We already reported that today’s Chicago PMI data was week, but we wanted to circle back to it and spotlight some of the datapoints from it.
First of all: What is the Chicago PMI? It’s a survey of Purchasing Managers at corporations, who are asked their take on the economy: How orders are doing, what they’re doing with employment, what they’re seeing with commodity costs, and so forth.
You can see by these tables (which you can download here) how much of a dropoff there was in activity in various categories.
Note in particular the collapse in New Orders and Employment and the jump-up in production costs (prices paid).
So that report, sadly, screams stagflation.
Also fascinating are the anecdotal comments about the economy.
Survey respondents had a lot to say about uncertainty and rising commodity costs.
- It seems that companies are starting to move forward again. Projects that have been on hold are again being discussed.
- Packaging prices are steady with some pressure or suggestions of increase without real merit. Chemical prices are increasing due to oil and corn in the case of ethanol.
- Copper moved higher quickly.
- Market place still seems unsettled. One automotive customer’s projections for huge growth this year fizzled out during the 3rd quarter, yet another automotive customer’s demands have shown healthy increases.

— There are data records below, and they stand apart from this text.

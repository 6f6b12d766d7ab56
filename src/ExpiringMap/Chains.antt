-- ===== src/ExpiringMap/Chains.antt =====
-- What a chain of src/common/collect_expiration_utils.cppm has under one key.
use fast_db.Prelude.{
  ℕ, zero, suc, ◌+◌, ◌<◌, Bool, true, false, List, [], ◌∷◌, ◌++◌, Option, none, some, if◌then◌else◌,
  length, get_or, set, All, Eq, ◌=?◌, ◌≡◌, ◌≢◌, refl, ap, inl, inr, Bool-cases, arith,
}
use fast_db.ExpiringMap.{Node, Chain, find_chain, remove_chain, expire_chain, is_expired}

module _ {ℓ} {A : Type ℓ} where
  pub get_or-set_self :
      (xs : List A) (i : ℕ) (v d : A) → i < length xs → get_or (set xs i v) i d ≡ v
  get_or-set_self [] i v d h = absurd (omega arith)
  get_or-set_self (x ∷ xs) zero v d h = refl
  get_or-set_self (x ∷ xs) (suc i) v d h = get_or-set_self xs i v d (omega arith)

  pub get_or-set_ne :
      (xs : List A) (i j : ℕ) (v d : A) → i ≢ j → get_or (set xs i v) j d ≡ get_or xs j d
  get_or-set_ne [] i j v d h = refl
  get_or-set_ne (x ∷ xs) zero zero v d h = absurd (h refl)
  get_or-set_ne (x ∷ xs) zero (suc j) v d h = refl
  get_or-set_ne (x ∷ xs) (suc i) zero v d h = refl
  get_or-set_ne (x ∷ xs) (suc i) (suc j) v d h = get_or-set_ne xs i j v d (λ e. h (ap suc e))

  -- The first of a list.
  unfoldable pub head? : List A → Option A
  head? [] = none
  head? (x ∷ xs) = some x

  unfoldable pub tail : List A → List A
  tail [] = []
  tail (x ∷ xs) = xs

  unfoldable pub nonempty : List A → Bool
  nonempty [] = false
  nonempty (x ∷ xs) = true

  unfoldable pub reverse_onto : List A → List A → List A
  reverse_onto [] ys = ys
  reverse_onto (x ∷ xs) ys = reverse_onto xs (x ∷ ys)

  pub reverse_onto-append :
      (xs ys zs : List A) → reverse_onto (xs ++ ys) zs ≡ reverse_onto ys (reverse_onto xs zs)
  unfolding reverse_onto
  reverse_onto-append [] ys zs = refl
  reverse_onto-append (x ∷ xs) ys zs = reverse_onto-append xs ys (x ∷ zs)

module _ {K V : Type 0} ⦃e : Eq K⦄ where
  -- The values of a key, from the head of the chain.
  unfoldable pub occurrences : K → Chain K V → List V
  occurrences key [] = []
  occurrences key (node ∷ rest) =
      let old = occurrences key rest in if node.key =? key then node.value ∷ old else old

  pub occurrences-append :
      (key : K) (c d : Chain K V)
      → occurrences key (c ++ d) ≡ occurrences key c ++ occurrences key d
  unfolding occurrences
  occurrences-append key [] d = refl
  occurrences-append key (node ∷ c) d = elim (Bool-cases (node.key =? key)) [
    | inl h ↦ rw (h, occurrences-append key c d) refl
    | inr h ↦ rw (h, occurrences-append key c d) refl
  ]

  pub find_chain-occurrences :
      (key : K) (c : Chain K V) → find_chain key c ≡ head? (occurrences key c)
  unfolding find_chain occurrences head?
  find_chain-occurrences key [] = refl
  find_chain-occurrences key (node ∷ c) = elim (Bool-cases (node.key =? key)) [
    | inl h ↦ rw h refl
    | inr h ↦ rw h (find_chain-occurrences key c)
  ]

  pub remove_chain-found :
      (key : K) (c : Chain K V) → (remove_chain key c).1 ≡ nonempty (occurrences key c)
  unfolding remove_chain occurrences nonempty
  remove_chain-found key [] = refl
  remove_chain-found key (node ∷ c) = elim (Bool-cases (node.key =? key)) [
    | inl h ↦ rw h refl
    | inr h ↦ rw h (remove_chain-found key c)
  ]

  pub remove_chain-occurrences :
      (key k : K) (c : Chain K V)
      → occurrences k (remove_chain key c).0
        ≡ (if key =? k then tail (occurrences k c) else occurrences k c)
  unfolding remove_chain occurrences tail
  remove_chain-occurrences key k [] = ground arith
  remove_chain-occurrences key k (node ∷ c) = ground (
    arith,
    remove_chain-occurrences key k c,
    e.beq_iff node.key key,
    e.beq_iff node.key k,
    e.beq_iff key k,
  )

  -- Whether the chain is as long as the removal says.
  pub remove_chain-length :
      (key : K) (c : Chain K V)
      → length c ≡ length (remove_chain key c).0 + (if (remove_chain key c).1 then 1 else 0)
  unfolding remove_chain
  remove_chain-length key [] = refl
  remove_chain-length key (node ∷ c) = elim (Bool-cases (node.key =? key)) [
    | inl h ↦ rw h (omega arith)
    | inr h ↦ rw h (omega (arith, remove_chain-length key c))
  ]

  pub remove_chain-All :
      (P : Node K V → Type 0) (key : K) (c : Chain K V) → All P c → All P (remove_chain key c).0
  unfolding remove_chain
  remove_chain-All P key [] h = tt
  remove_chain-All P key (node ∷ c) (p, h) = elim (Bool-cases (node.key =? key)) [
    | inl t ↦ rw t h
    | inr t ↦ rw t (p, remove_chain-All P key c h)
  ]

module _ {K V : Type 0} where
  pub expire_chain-length :
      (now : ℕ) (c : Chain K V) → length c ≡ length (expire_chain now c).0 + (expire_chain now c).1
  unfolding expire_chain
  expire_chain-length now [] = refl
  expire_chain-length now (node ∷ c) = elim (Bool-cases (is_expired now node)) [
    | inl t ↦ rw t (omega (arith, expire_chain-length now c))
    | inr t ↦ rw t (omega (arith, expire_chain-length now c))
  ]

  pub expire_chain-All :
      (P : Node K V → Type 0) (now : ℕ) (c : Chain K V) → All P c → All P (expire_chain now c).0
  unfolding expire_chain
  expire_chain-All P now [] h = tt
  expire_chain-All P now (node ∷ c) (p, h) = elim (Bool-cases (is_expired now node)) [
    | inl t ↦ rw t (expire_chain-All P now c h)
    | inr t ↦ rw t (p, expire_chain-All P now c h)
  ]
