-- ===== src/ExpiringMap/Placement.antt =====
-- Where nodes stand in the table of src/common/collect_expiration_utils.cppm, and the counter.
use fast_db.Prelude.{
  ℕ, zero, suc, ◌+◌, ◌%◌, ◌<◌, List, [], ◌∷◌, length, length-set, get_or, set, replicate, All, ◌≡◌,
  refl, ◌∙◌, arith,
}
use mathlib.Core.Path.{subst}
use native.Mathlib.Nat.{mod-lt}
use fast_db.ExpiringMap.{Node, Chain, ExpiringMap, push_node, rehash_chain, rehash}

-- The nodes of all chains.
unfoldable pub total : {K V : Type 0} → List (Chain K V) → ℕ
total [] = 0
total (chain ∷ table) = length chain + total table

module _ {K V : Type 0} where
  pub total-set :
      (table : List (Chain K V)) (j : ℕ) (chain : Chain K V)
      → j < length table
      → total (set table j chain) + length (get_or table j []) ≡ total table + length chain
  unfolding total
  total-set [] j chain h = absurd (omega arith)
  total-set (c ∷ table) zero chain h = omega arith
  total-set (c ∷ table) (suc j) chain h = omega (arith, total-set table j chain (omega arith))

module _ {K V : Type 0} (hasher : K → ℕ) where
  -- Every node stands in the bucket of its key, in a table of `n` buckets whose first has the index `i`.
  unfoldable pub Placed : ℕ → ℕ → List (Chain K V) → Type 0
  Placed n i [] = Unit
  Placed n i (chain ∷ table) = All (λ node. hasher node.key % n ≡ i) chain × Placed n (i + 1) table

  unfoldable pub IsValid : ExpiringMap K V → Type 0
  IsValid m =
      (0 < length m.table) × Placed (length m.table) 0 m.table × (m.num_elements ≡ total m.table)

  pub Placed-get :
      (n i j : ℕ) (table : List (Chain K V))
      → Placed n i table
      → All (λ node. hasher node.key % n ≡ i + j) (get_or table j [])
  unfolding Placed
  Placed-get n i j [] h = tt
  Placed-get n i zero (chain ∷ table) (h, t) =
      subst (λ x. All (λ node. hasher node.key % n ≡ x) chain) (omega arith) h
  Placed-get n i (suc j) (chain ∷ table) (h, t) =
      subst (λ x. All (λ node. hasher node.key % n ≡ x) (get_or table j [])) (omega arith)
        (Placed-get n (i + 1) j table t)

  pub Placed-set :
      (n i j : ℕ) (table : List (Chain K V)) (chain : Chain K V)
      → Placed n i table
      → All (λ node. hasher node.key % n ≡ i + j) chain
      → Placed n i (set table j chain)
  unfolding Placed
  Placed-set n i j [] chain h c = tt
  Placed-set n i zero (old ∷ table) chain (h, t) c =
      (subst (λ x. All (λ node. hasher node.key % n ≡ x) chain) (omega arith) c, t)
  Placed-set n i (suc j) (old ∷ table) chain (h, t) c = (
    h,
    Placed-set n (i + 1) j table chain t
        (subst (λ x. All (λ node. hasher node.key % n ≡ x) chain) (omega arith) c),
  )

  pub length-push_node :
      (node : Node K V) (table : List (Chain K V))
      → length (push_node hasher node table) ≡ length table
  unfolding push_node
  length-push_node node table = length-set table (hasher node.key % length table) _

  pub length-rehash_chain :
      (c : Chain K V) (table : List (Chain K V))
      → length (rehash_chain hasher c table) ≡ length table
  unfolding rehash_chain
  length-rehash_chain [] table = refl
  length-rehash_chain (node ∷ c) table =
      length-rehash_chain c (push_node hasher node table) ∙ length-push_node node table

  pub length-rehash : (cs table : List (Chain K V)) → length (rehash hasher cs table) ≡ length table
  unfolding rehash
  length-rehash [] table = refl
  length-rehash (c ∷ cs) table =
      length-rehash cs (rehash_chain hasher c table) ∙ length-rehash_chain c table

  pub push_node-Placed :
      (n : ℕ) (node : Node K V) (table : List (Chain K V))
      → length table ≡ n
      → Placed n 0 table
      → Placed n 0 (push_node hasher node table)
  unfolding push_node
  push_node-Placed n node table e h =
      let j = hasher node.key % length table in
      Placed-set n 0 j table (node ∷ get_or table j []) h
        ((rw e (omega arith), Placed-get n 0 j table h))

  pub rehash_chain-Placed :
      (n : ℕ) (c : Chain K V) (table : List (Chain K V))
      → length table ≡ n
      → Placed n 0 table
      → Placed n 0 (rehash_chain hasher c table)
  unfolding rehash_chain
  rehash_chain-Placed n [] table e h = h
  rehash_chain-Placed n (node ∷ c) table e h =
      rehash_chain-Placed n c (push_node hasher node table) (length-push_node node table ∙ e)
        (push_node-Placed n node table e h)

  pub rehash-Placed :
      (n : ℕ) (cs table : List (Chain K V))
      → length table ≡ n
      → Placed n 0 table
      → Placed n 0 (rehash hasher cs table)
  unfolding rehash
  rehash-Placed n [] table e h = h
  rehash-Placed n (c ∷ cs) table e h =
      rehash-Placed n cs (rehash_chain hasher c table) (length-rehash_chain c table ∙ e)
        (rehash_chain-Placed n c table e h)

  pub total-push_node :
      (node : Node K V) (table : List (Chain K V))
      → 0 < length table
      → total (push_node hasher node table) ≡ suc (total table)
  unfolding push_node
  total-push_node node table h =
      let j = hasher node.key % length table in
      omega (arith, total-set table j (node ∷ get_or table j []) (mod-lt (hasher node.key) h))

  pub total-rehash_chain :
      (c : Chain K V) (table : List (Chain K V))
      → 0 < length table
      → total (rehash_chain hasher c table) ≡ length c + total table
  unfolding rehash_chain
  total-rehash_chain [] table h = omega arith
  total-rehash_chain (node ∷ c) table h =
      let e = length-push_node node table in
      omega (
        arith,
        total-rehash_chain c (push_node hasher node table) (omega (arith, e, h)),
        total-push_node node table h,
      )

  pub total-rehash :
      (cs table : List (Chain K V))
      → 0 < length table
      → total (rehash hasher cs table) ≡ total cs + total table
  unfolding rehash total
  total-rehash [] table h = omega arith
  total-rehash (c ∷ cs) table h =
      let e = length-rehash_chain c table in
      omega (
        arith,
        total-rehash cs (rehash_chain hasher c table) (omega (arith, e, h)),
        total-rehash_chain c table h,
      )

pub total-replicate : (K V : Type 0) (n : ℕ) → total {K = K} {V = V} (replicate n []) ≡ 0
unfolding total
total-replicate K V zero = refl
total-replicate K V (suc n) = omega (arith, total-replicate K V n)

pub Placed-replicate :
    {K : Type 0} (V : Type 0) (hasher : K → ℕ) (n i k : ℕ)
    → Placed {V = V} hasher n i (replicate k [])
unfolding Placed
Placed-replicate V hasher n i zero = tt
Placed-replicate V hasher n i (suc k) = (tt, Placed-replicate V hasher n (i + 1) k)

- Suppliers seem to be slower than ever with their orders, there seems to be no knowledge or creativity anymore if it isn’t on the computer they can’t do it.
- 2012 drought, election year, recent change in Gulf weather all play into short term and long term prices of materials.
- Overall uncertainty with respect to government policies continues to make us hesitant to make significant investments in new areas.
- Uncertainty about taxes, regulations, and public policy going into 2013 is causing spending decisions to be deferred or constrained until the picture is clearer.
- Another month of lower order intake.
Again, this is just one report.
There have been other reports lately (Dallas Fed, Philly Fed, etc.) that show the opposite, that manufacturing is firming.
But the bottom line is that there’s a maelstrom of 2013 uncertainty, higher commodity costs, and weak export orders that are slamming the economy. Hopefully the Chicago PMI report from today was just a blip.